Cross-Model Calculation
A grasp of these concepts will help you understand this documentation better:
AQL supports cross-model calculation, which allows you to access and operate on data from multiple models in a single query. This feature comes in handy when you need data from multiple models to perform a calculation or to create a new metric.
Semantic Data Modeling Layer
If you are familiar with SQL, you can think of cross-model operation as a JOIN
operation.
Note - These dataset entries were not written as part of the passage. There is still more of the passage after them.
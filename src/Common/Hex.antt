-- ===== src/Common/Hex.antt =====
-- `from_str_radix(_, 16)` of an unsigned type whose values lie below `limit`.
use Prim.Native.Nat.{ℕ, ◌+◌, ◌-◌, ◌*◌}
use mathlib.Core.Bool.{◌&&◌}
use mathlib.Core.Option.{Option, none, some}
use mathlib.Core.List.{[], ◌∷◌}
use rpress.Common.Tests.{ltb, leb, if◌then◌else◌}
use rpress.Common.Equality.{◌==◌, nat_eq}
use rpress.Common.Text.{Str}

unfoldable pub hex_digit : ℕ → Option ℕ
hex_digit c =
    if leb b'0' c && leb c b'9'
    then some (c - b'0')
    else if leb b'a' c && leb c b'f'
    then some (c - b'a' + 10)
    else if leb b'A' c && leb c b'F'
    then some (c - b'A' + 10)
    else none

unfoldable pub parse_hex_digits : ℕ → Str → Option ℕ
unfolding hex_digit
parse_hex_digits n [] = some n
parse_hex_digits n (c ∷ s) = elim (hex_digit c) [
  | none ↦ none
  | some d ↦ parse_hex_digits (n * 16 + d) s
]

below : ℕ → Option ℕ → Option ℕ
below limit none = none
below limit (some n) = if ltb n limit then some n else none

unfoldable pub parse_hex : ℕ → Str → Option ℕ
unfolding parse_hex_digits below
parse_hex limit [] = none
parse_hex limit (c ∷ []) = below limit (parse_hex_digits 0 (c ∷ []))
parse_hex limit (c ∷ d ∷ s) =
    below limit (if c == b'+' then parse_hex_digits 0 (d ∷ s) else parse_hex_digits 0 (c ∷ d ∷ s))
However, unlike SQL, AQL operates on a semantic Data Modeling Layer which encodes the relationship between data ahead of time. This allows AQL to perform cross-model calculation without needing you to write a JOIN
statement every time you need to access data from multiple models.
At its core, this data modeling layer is an abstraction of your business logic. Each model represents a business entity, and the relationship between them represents how these entities are related to each other. For example:
- The
order_items
model represents the items in an order, and each item belongs to exactly one order, and contains exactly one product. - The
orders
model represents the orders, and each order belongs to exactly one customer. - The
products
model represents the products, and each product belongs to exactly one category, and belongs to exactly one merchant.
Cross-Model Reference
AQL leverages the knowledge about your models to allow you to reference columns from multiple models in a single query. For example, when you're writing a query that operates on the order_items
model, you can reference data from the orders
model and the products
model directly.
Here AQL knows that the current order_items
row related to exactly one products
row, and was able to include that row in your calculation.
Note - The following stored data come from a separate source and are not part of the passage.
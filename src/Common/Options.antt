-- ===== src/Common/Options.antt =====
-- What chains results that may be missing.
use mathlib.Core.Option.{Option, none, some}

infixl 50 ◌>>=◌
abbrev pub ◌>>=◌ {ℓ κ} : {A : Type ℓ} {B : Type κ} → Option A → (A → Option B) → Option B
none >>= f = none
some a >>= f = f a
This is not limited to just one level of relationship. You can even reference columns from models that are 2 or more levels away from the source model, as long as the transitive relationship between your source model and the target is still many-to-one or one-to-one.
Since one order_items
includes one products
, and products
belongs to one merchants
, transitively speaking, one order_items
also belongs to exactly one merchants
. Therefore, you can reference columns from the merchants
model directly in your query if you're operating on the order_items
model.
And in this case, since order_items
is the root (facts table) of your Data Modeling Layer, you can reference columns from any model in your Data Modeling Layer.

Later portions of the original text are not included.